In 1993 he left to join Badel 1862 Zagreb later Croatia Banka the Croatian handball title holders. At Zagreb Matošević had three successes, winning the league and cup while reaching the Champions League finals in 1995.

He returned to Zamet in 1996, who had just come out of the Croatian Second League, and spent four years there helping return the club to the top of Croatian handball. During this time he captained his team. Later his career took him to Metković Jambo, Bologna 69, Wilhelmshavener HV, two more spells at Zagreb, Poreč, HSG Wetzlar, Portland San Antonio and FCK Håndbold. After playing out of Croatia for a few years Matošević returned to RK Zamet in 2009 to end his career.
 
In December 2010 TuS Nettelstedt-Lübbecke called up Matošević to play for half a season due to the injury of their goalkeeper Nikola Blažičko.

In 2015. he came out of retirement again to play for ThSV Eisenach so they could get promoted to the A rank bundesliga.
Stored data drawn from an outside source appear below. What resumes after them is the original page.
-- ===== src/Middleware/Ratelimit/Concurrent/Linear.antt =====
-- `bucket.allow` of goroutines in any interleaving, and `allow` of the calls in a row.
use go_infrastructure.Prelude.{
  ℕ, ◌≡◌, ◌≢◌, ◌<◌, refl, sym, ap, ◌∙◌, arith, true, false, inl, inr, Bool-cases, Option, none,
  some, List, [], ◌∷◌, ℤ, GoString, lookup, insert, lookup-insert, eq_str, eq_str_iff, ◌==◌,
  if◌then◌else◌,
}
use go_infrastructure.Middleware.Ratelimit.{Net, Bucket, new_bucket, allow, limiter_for}
use go_infrastructure.Middleware.Ratelimit.Concurrent.{
  update, free, missed, System, Step, ticks, calls, locks, hits, misses, makes, unlocks, Event,
  Asks, asks, Run, done, steps, answers, started,
}
use go_infrastructure.Middleware.Ratelimit.Concurrent.Invariant.{
  IsSafe, Knows-now, Step-IsSafe, Asks-IsSafe, started-IsSafe,
}

-- The answers of a bucket that serves the calls one after the other.
abbrev pub Answers : (N : Net) → Bucket N → List Event → Type 0
Answers N b [] = Unit {0}
Answers N b (e ∷ es) = ((allow N e.time e.key b).0 ≡ e.ok) × Answers N (allow N e.time e.key b).1 es

update-other : {A : Type 0} (f : ℕ → A) (i j : ℕ) (a : A) → j ≢ i → update f i a j ≡ f j
update-other f i j a n = let e : (j == i) ≡ false = ground arith in rw e

pub update-same : {A : Type 0} (f : ℕ → A) (i : ℕ) (a : A) → update f i a i ≡ a
update-same f i a = let e : (i == i) ≡ true = ground arith in rw e

module _ (N : Net) (rps burst : ℤ) where
  abbrev held : (ℕ → N.Limiter) → Option ℕ → N.Limiter
  held heap none = N.new_limiter rps burst
  held heap (some a) = heap a

  -- The bucket that a system stands for: for each key, the same limiter.
  record Shows (heap : ℕ → N.Limiter) (map : List (GoString × ℕ)) (b : Bucket N) : Type 0 where
    rps_is : b.rps ≡ rps
    burst_is : b.burst ≡ burst
    same : (k : GoString) → limiter_for N b k ≡ held heap (lookup k map)

  held-low :
      (heap : ℕ → N.Limiter) (n : ℕ) (o : Option ℕ)
      → ((a : ℕ) → o ≡ some a → a < n)
      → held heap o ≡ held (update heap n (N.new_limiter rps burst)) o
  held-low heap n none low = refl
  held-low heap n (some a) low =
      let less = low a refl in sym (update-other heap n a _ (λ e. omega arith))

  held-makes :
      (heap : ℕ → N.Limiter) (n : ℕ) (map : List (GoString × ℕ)) (key k : GoString)
      → lookup key map ≡ none
      → ((a : ℕ) → lookup k map ≡ some a → a < n)
      → held heap (lookup k map)
        ≡ held (update heap n (N.new_limiter rps burst)) (lookup k (insert key n map))
  held-makes heap n map key k e low =
      rw (lookup-insert key k n map) (elim (Bool-cases (eq_str key k)) [
        | inl t ↦
            let same : lookup k map ≡ none = rw (sym ((eq_str_iff key k).0 t)) e in
            rw (t, same) (sym (update-same heap n (N.new_limiter rps burst)))
        | inr f ↦ rw f (held-low heap n (lookup k map) low)
      ])

  held-asks :
      (heap : ℕ → N.Limiter) (a : ℕ) (l : N.Limiter) (o : Option ℕ)
      → o ≢ some a
      → held heap o ≡ held (update heap a l) o
  held-asks heap a l none n = refl
  held-asks heap a l (some c) n = sym (update-other heap a c l (λ e. n (ap some e)))

  limiter_for-allow :
      (t : ℕ) (key k : GoString) (b : Bucket N)
      → limiter_for N (allow N t key b).1 k
        ≡ (if eq_str key k then (N.allow_at t (limiter_for N b key)).1 else limiter_for N b k)
  unfolding allow limiter_for
  limiter_for-allow t key k b =
      rw (limiter_for, lookup-insert key k (N.allow_at t (limiter_for N b key)).1 b.limiters)
        (elim (Bool-cases (eq_str key k)) [ inl e ↦ rw e refl | inr e ↦ rw e refl ])

  Step-Shows :
      (s u : System N) (b : Bucket N)
      → IsSafe s
      → Shows s.heap s.map b
      → Step N rps burst s u
      → Shows u.heap u.map b
  Step-Shows s u b safe shows (makes i key e) = record {
    rps_is = shows.rps_is;
    burst_is = shows.burst_is;
    same = λ k.
        shows.same k
        ∙ held-makes s.heap s.next s.map key k (Knows-now rps burst safe i (missed key) e)
            (λ a h. safe.below k a h);
  }
  Step-Shows s u b safe shows (ticks d) = shows
  Step-Shows s u b safe shows (calls i key e) = shows
  Step-Shows s u b safe shows (locks i key e n) = shows
  Step-Shows s u b safe shows (hits i key a e h) = shows
  Step-Shows s u b safe shows (misses i key e h) = shows
  Step-Shows s u b safe shows (unlocks i key a e) = shows

  -- The limiter that a goroutine holds is the one of its key.
  limiter_for-held :
      (s : System N) (b : Bucket N) (key : GoString) (a : ℕ)
      → Shows s.heap s.map b
      → lookup key s.map ≡ some a
      → limiter_for N b key ≡ s.heap a
  limiter_for-held s b key a shows h = shows.same key ∙ ap (held s.heap) h

  Asks-same :
      (s : System N) (b : Bucket N) (key k : GoString) (a : ℕ)
      → IsSafe s
      → Shows s.heap s.map b
      → lookup key s.map ≡ some a
      → limiter_for N (allow N s.clock key b).1 k
        ≡ held (update s.heap a (N.allow_at s.clock (s.heap a)).1) (lookup k s.map)
  Asks-same s b key k a safe shows h =
      limiter_for-allow s.clock key k b ∙ elim (Bool-cases (eq_str key k)) [
        | inl e ↦
            let mine : lookup k s.map ≡ some a = rw (sym ((eq_str_iff key k).0 e)) h in
            rw (e, mine, limiter_for-held s b key a shows h) (sym (update-same s.heap a _))
        | inr e ↦ rw e (
            shows.same k
            ∙ held-asks s.heap a _ (lookup k s.map)
                (λ o. ground (arith, eq_str_iff key k, safe.apart key k a h o)))
      ]

  Asks-Shows :
      (s u : System N) (b : Bucket N) (e : Event)
      → IsSafe s
      → Shows s.heap s.map b
      → Asks N rps burst s e u
      → ((allow N e.time e.key b).0 ≡ e.ok) × Shows u.heap u.map (allow N e.time e.key b).1
  unfolding allow
  Asks-Shows s u b e safe shows (asks i key a p) =
      let h = Knows-now rps burst safe i (free key a) p in
      (
        ap (λ l. (N.allow_at s.clock l).0) (limiter_for-held s b key a shows h),
        record {
          rps_is = shows.rps_is;
          burst_is = shows.burst_is;
          same = λ k. Asks-same s b key k a safe shows h;
        },
      )

  Run-Answers :
      (s t : System N) (es : List Event) (b : Bucket N)
      → IsSafe s
      → Shows s.heap s.map b
      → Run N rps burst s es t
      → Answers N b es
  Run-Answers s t _ b safe shows done = tt
  Run-Answers s t es b safe shows (steps {u = u} st run) =
      Run-Answers u t es b (Step-IsSafe rps burst s u safe st) (Step-Shows s u b safe shows st) run
  Run-Answers s t (e ∷ es) b safe shows (answers {u = u} st run) =
      let (ok, next) = Asks-Shows s u b e safe shows st in
      (
        ok,
        Run-Answers u t es (allow N e.time e.key b).1 (Asks-IsSafe rps burst s u e safe st) next
            run,
      )

  -- However the steps of the goroutines interleave from a new bucket, each call of `Allow` has the
  -- answer that the calls, one after the other in their order, have from `allow`: the lock makes
  -- one limiter for each key, and `Allow` outside of it is on that one.
  pub started-Answers :
      (t : ℕ) (u : System N) (es : List Event)
      → Run N rps burst (started N rps burst t) es u
      → Answers N (new_bucket N rps burst) es
  unfolding new_bucket limiter_for lookup
  started-Answers t u es run =
      Run-Answers (started N rps burst t) u es (new_bucket N rps burst)
        (started-IsSafe N rps burst t) (record { rps_is = refl; burst_is = refl; same = λ k. refl })
        run
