-- ===== src/Proc/BaseJob/StartOnce/Failures.antt =====
-- A run that nobody interferes with and that does not end well.
use mittnite.Prelude.{
  ℕ, String, ◌≡◌, refl, Bool, true, false, Option, none, some, List, [], ◌∷◌, ◌++◌, arith, ok, err,
  Result, Bool-cases, inl, inr,
}
use mittnite.Proc.WaitStatus.{WaitError}
use mittnite.Proc.BaseJob.{BaseJob, Effect, close_pipe_writers, apply_requests, put_phase}
use mittnite.Proc.BaseJob.StdFiles.{Opens, create_and_open_std_file, is_decorated}
use mittnite.Proc.BaseJob.StartOnce.{
  RunError, exits, fails, Run, exited, Attempt, Receiver, passive, marks_started, receive, settle,
  finish, launch, forwarders, with_pipes, drained, start_opened, start_unless, closing, start_once,
  pipe_error,
}

-- An error of the process or of its start, and none of the three that ask for something.
abbrev pub is_failure : Option RunError → Bool
is_failure (some (exits e)) = true
is_failure (some (fails e)) = true
is_failure _ = false

pub record Undisturbed (job : BaseJob) : Type 0 where
  pub restart : job.restart ≡ false
  pub stop : job.stop ≡ false
  pub announced : job.stop_expected ≡ false

pub record Failed (r : Run) : Type 0 where
  pub failure : is_failure r.error ≡ true
  pub job : Undisturbed r.job

finish-Failed :
    (pid : ℕ) (job : BaseJob) (e : WaitError) (done : List Effect)
    → Undisturbed job
    → Failed (finish pid job (exited (some e)) done)
unfolding finish settle
finish-Failed pid job e done u = ground arith

received-Undisturbed :
    (r : Receiver) (job : BaseJob) → Undisturbed job → Undisturbed (receive r job)
unfolding receive put_phase
received-Undisturbed passive job u = u
received-Undisturbed (marks_started now) job u = ground arith

module _ (receiver : Receiver) (a : Attempt) (e : WaitError) (ended : a.ending ≡ exited (some e))
    (alone : a.meanwhile ≡ []) where
  launch-Failed :
      (job : BaseJob) (s : Result String ℕ) (done writers : List Effect)
      → Undisturbed job
      → Failed (launch receiver job a s done writers)
  unfolding launch apply_requests
  launch-Failed job (err x) done writers u = record { failure = refl; job = u }
  launch-Failed job (ok pid) done writers u =
      simp (ended, alone)
        (finish-Failed pid _ e _ (
          received-Undisturbed receiver _
            (record { restart = u.restart; stop = u.stop; announced = u.announced })))

  with_pipes-Failed :
      (job : BaseJob) (x : Option String) (done : List Effect)
      → Undisturbed job
      → Failed (with_pipes receiver job a x done)
  unfolding with_pipes drained
  with_pipes-Failed job (some x) done u = record { failure = refl; job = u }
  with_pipes-Failed job none done u =
      let f = launch-Failed job a.start (done ++ forwarders job) (close_pipe_writers ∷ []) u in
      record { failure = f.failure; job = f.job }

  start_unless-Failed :
      (job : BaseJob) (x : Option String) (done : List Effect)
      → Undisturbed job
      → Failed (start_unless receiver job a x done)
  unfolding start_unless start_opened
  start_unless-Failed job (some x) done u = record { failure = refl; job = u }
  start_unless-Failed job none done u = elim (Bool-cases (is_decorated job.config)) [
    | inl decorated ↦
        rw decorated (with_pipes-Failed job (pipe_error a.stdout_pipe a.stderr_pipe) done u)
    | inr plain ↦ rw plain (launch-Failed job a.start done [] u)
  ]

  opened-Undisturbed :
      (job : BaseJob) (o : Opens)
      → Undisturbed job
      → Undisturbed (create_and_open_std_file job o).job
  unfolding create_and_open_std_file
  opened-Undisturbed job o u = ground arith

  -- With nothing asked for before or meanwhile, a run whose process ends badly fails, whatever
  -- its files and pipes do, and leaves nothing asked for.
  pub start_once-Failed :
      (job : BaseJob) → job.restart ≡ false → job.stop ≡ false → Failed (start_once receiver job a)
  unfolding start_once closing
  start_once-Failed job r s =
      let o = create_and_open_std_file (record job { stop_expected = false }) a.opens in
      let f = start_unless-Failed o.job o.error o.effects (
        opened-Undisturbed (record job { stop_expected = false }) a.opens
          (record { restart = r; stop = s; announced = refl })) in
      record { failure = f.failure; job = f.job }
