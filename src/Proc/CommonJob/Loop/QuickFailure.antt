-- ===== src/Proc/CommonJob/Loop/QuickFailure.antt =====
-- One round in which the process of a job fails quickly.
use mittnite.Prelude.{
  ℕ, suc, ◌-◌, ◌≤◌, ◌≡◌, refl, sym, ◌∙◌, ap, subst, Bool, true, false, ◌||◌, Option, none, some, [],
  arith, ltb_ℤ, beq_ℤ, pos, negsuc, if◌then◌else◌, Bool-cases, inl, inr,
}
use mittnite.Config.{JobConfig, get_max_attempts}
use mittnite.Proc.Phase.{JobPhaseReason, failed, crash_looping}
use mittnite.Proc.Phase.Laws.{reason-set_phase}
use mittnite.Proc.BackOff.{second}
use mittnite.Proc.BackOff.Laws.{nth_back_off, nth_back_off-bounds}
use mittnite.Proc.WaitStatus.{WaitError}
use mittnite.Proc.BaseJob.{apply_requests, put_phase}
use mittnite.Proc.BaseJob.StartOnce.{
  RunError, Run, exited, marks_started, start_once, exits, fails, will_be_restarted,
  will_be_stopped, stopped_intentionally,
}
use mittnite.Proc.BaseJob.StartOnce.Failures.{is_failure, Failed, start_once-Failed}
use mittnite.Proc.CommonJob.Loop.{
  Round, LoopState, JobError, max_retries, Progress, running, returned, in_phase, give_up,
  try_again, count_attempt, has_attempts, retry, handle_result, after_run, run_round, is_stopping,
}

-- The process ends badly within the shortest wait, and nobody asks for anything.
pub record QuickFailure (r : Round) : Type 0 where
  pub error : WaitError
  pub ended : r.attempt.ending ≡ exited (some error)
  pub alone : r.attempt.meanwhile ≡ []
  pub quick : r.ended_at - r.started_at ≤ second
  pub open_run : r.shutdown ≡ false
  pub undisturbed_sleep : r.sleeping ≡ []
  pub open_sleep : r.shutdown_asleep ≡ false

-- The state between two rounds after `k` quick failures in a row.
pub record Looping (c : JobConfig) (k : ℕ) (s : LoopState) : Type 0 where
  pub config : s.job.config ≡ c
  pub restart : s.job.restart ≡ false
  pub stop : s.job.stop ≡ false
  pub cancelled : s.cancelled ≡ false
  pub attempts : s.attempts ≡ k
  pub back_off : s.back_off ≡ nth_back_off k

handle_result-failure :
    (s : LoopState) (r : Round) (e : Option RunError)
    → is_failure e ≡ true
    → handle_result s r e ≡ retry s r e
unfolding handle_result
handle_result-failure s r none h = cc
handle_result-failure s r (some will_be_restarted) h = cc
handle_result-failure s r (some will_be_stopped) h = cc
handle_result-failure s r (some stopped_intentionally) h = cc
handle_result-failure s r (some (exits e)) h = refl
handle_result-failure s r (some (fails e)) h = refl

-- The same after the attempt is counted.
record Counted (c : JobConfig) (k : ℕ) (s : LoopState) : Type 0 where
  config : s.job.config ≡ c
  restart : s.job.restart ≡ false
  stop : s.job.stop ≡ false
  cancelled : s.cancelled ≡ false
  attempts : s.attempts ≡ suc k
  back_off : s.back_off ≡ nth_back_off k

count_attempt-Counted :
    (c : JobConfig) (k : ℕ) (s : LoopState) (r : Round)
    → Looping c k s
    → QuickFailure r
    → Counted c k (count_attempt s r)
unfolding count_attempt
count_attempt-Counted c k s r l q = ground (arith, nth_back_off-bounds k)

-- Whether the loop goes on after `k` attempts.
abbrev pub attempts_left : JobConfig → ℕ → Bool
attempts_left c k = beq_ℤ (get_max_attempts c) (negsuc 0) || ltb_ℤ (pos k) (get_max_attempts c)

has_attempts-Counted :
    (c : JobConfig) (k : ℕ) (t : LoopState)
    → Counted c k t
    → has_attempts t ≡ attempts_left c (suc k)
unfolding has_attempts
has_attempts-Counted c k t d = simp (d.config, d.attempts)

try_again-Looping :
    (c : JobConfig) (k : ℕ) (t : LoopState) (r : Round)
    → Counted c k t
    → QuickFailure r
    → Looping c (suc k) (try_again t r)
unfolding try_again put_phase
try_again-Looping c k t r d q = record {
  config = d.config;
  restart = simp q.undisturbed_sleep (unfold apply_requests in d.restart);
  stop = simp q.undisturbed_sleep (unfold apply_requests in d.stop);
  cancelled = simp (d.cancelled, q.open_sleep);
  attempts = d.attempts;
  back_off = simp d.back_off (unfold nth_back_off in refl);
}

phase-try_again :
    (t : LoopState) (r : Round) → QuickFailure r → (try_again t r).job.phase.reason ≡ crash_looping
unfolding try_again put_phase
phase-try_again t r q =
    simp q.undisturbed_sleep
      (unfold apply_requests in reason-set_phase r.ended_at crash_looping t.job.phase)

phase-in_phase :
    (now : ℕ) (reason : JobPhaseReason) (s : LoopState)
    → (in_phase now reason s).job.phase.reason ≡ reason
unfolding put_phase
phase-in_phase now reason s = reason-set_phase now reason s.job.phase

abbrev pub final_error : JobConfig → Option RunError → Option JobError
final_error c e = if c.can_fail then none else some (max_retries c.name e)

give_up_lem :
    (t : LoopState) (r : Round) (e : Option RunError)
    → give_up t r e ≡ returned (in_phase r.ended_at failed t) (final_error t.job.config e)
unfolding give_up
give_up_lem t r e = ground arith

-- One quick failure: the loop goes on exactly while an attempt is left.
abbrev pub Outcome : JobConfig → ℕ → Bool → Progress → Type 0
Outcome c k true p =
    (t : LoopState) × (p ≡ running t) × Looping c k t × (t.job.phase.reason ≡ crash_looping)
Outcome c k false p =
    (t : LoopState) × (e : Option RunError) × (p ≡ returned t (final_error c e))
    × (t.job.phase.reason ≡ failed)

retry-Outcome :
    (c : JobConfig) (k : ℕ) (s : LoopState) (r : Round) (e : Option RunError)
    → Looping c k s
    → QuickFailure r
    → Outcome c (suc k) (attempts_left c (suc k)) (retry s r e)
unfolding retry
retry-Outcome c k s r e l q = elim (Bool-cases (attempts_left c (suc k))) [
  | inl more ↦
      rw (left ∙ more)
        (rw more (try_again t r, refl, try_again-Looping c k t r counted q, phase-try_again t r q))
  | inr over ↦ rw (left ∙ over) (
      rw over (
        in_phase r.ended_at failed t,
        e,
        give_up_lem t r e
            ∙ ap (λ x. returned (in_phase r.ended_at failed t) (final_error x e)) counted.config,
        phase-in_phase r.ended_at failed t,
      ))
]
  where
    t : LoopState
    t = count_attempt s r

    counted : Counted c k t
    counted = count_attempt-Counted c k s r l q

    left : has_attempts t ≡ attempts_left c (suc k)
    left = has_attempts-Counted c k t counted

pub run_round-Outcome :
    (c : JobConfig) (k : ℕ) (s : LoopState) (r : Round)
    → Looping c k s
    → QuickFailure r
    → Outcome c (suc k) (attempts_left c (suc k)) (run_round s r)
unfolding run_round after_run
run_round-Outcome c k s r l q = simp q.open_run (
    subst (Outcome c (suc k) (attempts_left c (suc k)))
      (sym (handle_result-failure _ r ran.error failing.failure))
      (retry-Outcome c k _ r ran.error
        (record {
          config = l.config;
          restart = failing.job.restart;
          stop = failing.job.stop;
          cancelled = l.cancelled;
          attempts = l.attempts;
          back_off = l.back_off;
        })
        q))
  where
    ran : Run
    ran =
        start_once (marks_started r.launched_at) (record s.job.base { interrupt = some false })
          r.attempt

    failing : Failed ran
    failing =
        start_once-Failed (marks_started r.launched_at) r.attempt q.error q.ended q.alone
          (record s.job.base { interrupt = some false }) l.restart l.stop

pub Looping-not_stopping :
    (c : JobConfig) (k : ℕ) (s : LoopState) → Looping c k s → is_stopping s ≡ false
unfolding is_stopping
Looping-not_stopping c k s l = ground arith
They finished second in the league and were promoted to the 1. bundesliga.

International career
Matošević made his first appearance for the Yugoslav national team in 1989. He competed for Yugoslavia at 1991 Mediterranean Games in Athens.

He played for the Croatian national team from 1992 till 2004.

Matošević was a member of the Croatian national team that won gold Olympic medals two times: at the 1996 Summer Olympics and at the 2004 Summer Olympics.

He played in the 1994 European Championship, 1995 World Championship, 1996 European Championship, 1997 World Championship, 1998 European Championship, 2000 European Championship 2001 World Championship, 2002 European Championship and 2003 World Championship, where Croatia was the world champion.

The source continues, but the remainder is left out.